Disparate treatment
This paper analyzes how difficult it is to measure disparate-treatment discrimination by the police. It also considers how existing researcher tools can create headway on such problems and how to solve them. The absence of data on the citizen conduct on policing decisions has made it hard for researches to analyze this data. Many crimes are not reported making it unobservable, especially for researchers. One of the methods that are best for analyzing this data is auditing. It will employ undercover officers that are of different races to elicit possible interactions with the police. Auditing presents safety, legality, and efficacy in the way policing is applied. There are many reasons why it is essential to measure disparate treatment. Some of the reasons are as the following.
- Racial profiling and constitutional doctrine- people ask why there is a need for reasonable empirical estimates of racially disparate treatment by officers.
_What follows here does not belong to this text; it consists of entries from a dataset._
-- ===== src/Report/Charts/OverTime.antt =====
-- Threads, bytes and response times over time: graph.js under tools/jmeter/results/*-report/content/js. `..._infos` is
-- the object with the options and the drawing, `..._steps` its refresh function.
use high_performance_e_comme.Common.{true, false, none, some, [], ◌∷◌}
use high_performance_e_comme.Report.Format.{lit, elapsed_time_label, time_format}
use high_performance_e_comme.Report.Series.{GraphData}
use high_performance_e_comme.Report.Options.{
  Options, template, no_series_options, lines_points, axis, time_axis, legend_in,
}
use high_performance_e_comme.Report.Page.{Graph, Infos, Refresh}

active_threads_over_time_options : GraphData → Options
active_threads_over_time_options d = record {
  series = record no_series_options {
    stack = some true;
    lines = some (record { show = some true; fill = some true; line_width = none });
    points = some (record { show = true; radius = none });
  };
  legend = legend_in 6 "#legendActiveThreadsOverTime";
  xaxis = time_axis (time_format d.result.granularity) (elapsed_time_label d.result.granularity);
  yaxis = axis (lit "Number of active threads" ∷ []);
  bars = none;
  grid_hoverable = true;
  selection_mode = some "xy";
  tooltip = true;
  tooltip_content = template "%s : At %x there were %y active threads";
  colors = [];
  canvas = false;
}

unfoldable pub active_threads_over_time_infos : Infos
unfolding active_threads_over_time_options
active_threads_over_time_infos = record {
  graph = Graph.active_threads_over_time;
  get_options = active_threads_over_time_options;
  choices = "#choicesActiveThreadsOverTime";
  flot = "#flotActiveThreadsOverTime";
  overview = some "#overviewActiveThreadsOverTime";
  sets_ticks = false;
}

abbrev pub active_threads_over_time_steps : Refresh
active_threads_over_time_steps = record {
  infos = active_threads_over_time_infos;
  body = none;
  fixes = true;
  no_match_color = false;
  ignore_filter = false;
  source = "#footerActiveThreadsOverTime .legendColorBox > div";
}

bytes_throughput_over_time_options : GraphData → Options
bytes_throughput_over_time_options d = record {
  series = lines_points true true;
  legend = legend_in 2 "#legendBytesThroughputOverTime";
  xaxis = time_axis (time_format d.result.granularity) (elapsed_time_label d.result.granularity);
  yaxis = axis (lit "Bytes / sec" ∷ []);
  bars = none;
  grid_hoverable = true;
  selection_mode = some "xy";
  tooltip = true;
  tooltip_content = template "%s at %x was %y";
  colors = [];
  canvas = false;
}

unfoldable pub bytes_throughput_over_time_infos : Infos
unfolding bytes_throughput_over_time_options
bytes_throughput_over_time_infos = record {
  graph = Graph.bytes_throughput_over_time;
  get_options = bytes_throughput_over_time_options;
  choices = "#choicesBytesThroughputOverTime";
  flot = "#flotBytesThroughputOverTime";
  overview = some "#overviewBytesThroughputOverTime";
  sets_ticks = false;
}

abbrev pub bytes_throughput_over_time_steps : Refresh
bytes_throughput_over_time_steps = record {
  infos = bytes_throughput_over_time_infos;
  body = none;
  fixes = true;
  no_match_color = false;
  ignore_filter = false;
  source = "#footerBytesThroughputOverTime .legendColorBox > div";
}

response_times_over_time_options : GraphData → Options
response_times_over_time_options d = record {
  series = lines_points true true;
  legend = legend_in 2 "#legendResponseTimesOverTime";
  xaxis = time_axis (time_format d.result.granularity) (elapsed_time_label d.result.granularity);
  yaxis = axis (lit "Average response time in ms" ∷ []);
  bars = none;
  grid_hoverable = true;
  selection_mode = some "xy";
  tooltip = true;
  tooltip_content = template "%s : at %x Average response time was %y ms";
  colors = [];
  canvas = false;
}

unfoldable pub response_times_over_time_infos : Infos
unfolding response_times_over_time_options
response_times_over_time_infos = record {
  graph = Graph.response_times_over_time;
  get_options = response_times_over_time_options;
  choices = "#choicesResponseTimesOverTime";
  flot = "#flotResponseTimesOverTime";
  overview = some "#overviewResponseTimesOverTime";
  sets_ticks = false;
}

abbrev pub response_time_over_time_steps : Refresh
response_time_over_time_steps = record {
  infos = response_times_over_time_infos;
  body = some "#bodyResponseTimeOverTime";
  fixes = true;
  no_match_color = false;
  ignore_filter = false;
  source = "#footerResponseTimesOverTime .legendColorBox > div";
}

response_time_percentiles_over_time_options : GraphData → Options
response_time_percentiles_over_time_options d = record {
  series = record no_series_options {
    lines = some (record { show = some true; fill = some true; line_width = none });
    points = some (record { show = true; radius = none });
  };
  legend = legend_in 2 "#legendResponseTimePercentilesOverTime";
  xaxis = time_axis (time_format d.result.granularity) (elapsed_time_label d.result.granularity);
  yaxis = axis (lit "Response Time in ms" ∷ []);
  bars = none;
  grid_hoverable = true;
  selection_mode = some "xy";
  tooltip = true;
  tooltip_content = template "%s : at %x Response time was %y ms";
  colors = [];
  canvas = false;
}

unfoldable pub response_time_percentiles_over_time_infos : Infos
unfolding response_time_percentiles_over_time_options
response_time_percentiles_over_time_infos = record {
  graph = Graph.response_time_percentiles_over_time;
  get_options = response_time_percentiles_over_time_options;
  choices = "#choicesResponseTimePercentilesOverTime";
  flot = "#flotResponseTimePercentilesOverTime";
  overview = some "#overviewResponseTimePercentilesOverTime";
  sets_ticks = false;
}

abbrev pub response_time_percentiles_over_time_steps : Refresh
response_time_percentiles_over_time_steps = record {
  infos = response_time_percentiles_over_time_infos;
  body = none;
  fixes = true;
  no_match_color = false;
  ignore_filter = false;
  source = "#footerResponseTimePercentilesOverTime .legendColorBox > div";
}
The reason is that the existence of different governmental treatment is the central question posed by current equal protection doctrine.
- It is hard for litigants to prove racial profiling.
- The use of racial classifications may be appropriate if they are invoked for a purpose that helps to promote substantive equality.
- The other reason is that racially disparate treatment adds a substantively meaningful dimension of harm as well as a distinct target for policy interventions.
Distinguishing the estimation of disparate treatment from other objectives of policing disparity is one of the best ways of analyzing information on disparate data. There are several things a researcher must balance when doing the auditing, especially of policing. They include safety, legality, importance, methodological rigor, statistical power, and the cost involved.
Some of the outcomes of analyzing disparate treatment are that it enables sound causal inferences. This data can help in the creation of more ambitious surveys about behavior and police-citizen contacts, especially in a country that has people of different colors like the U.S.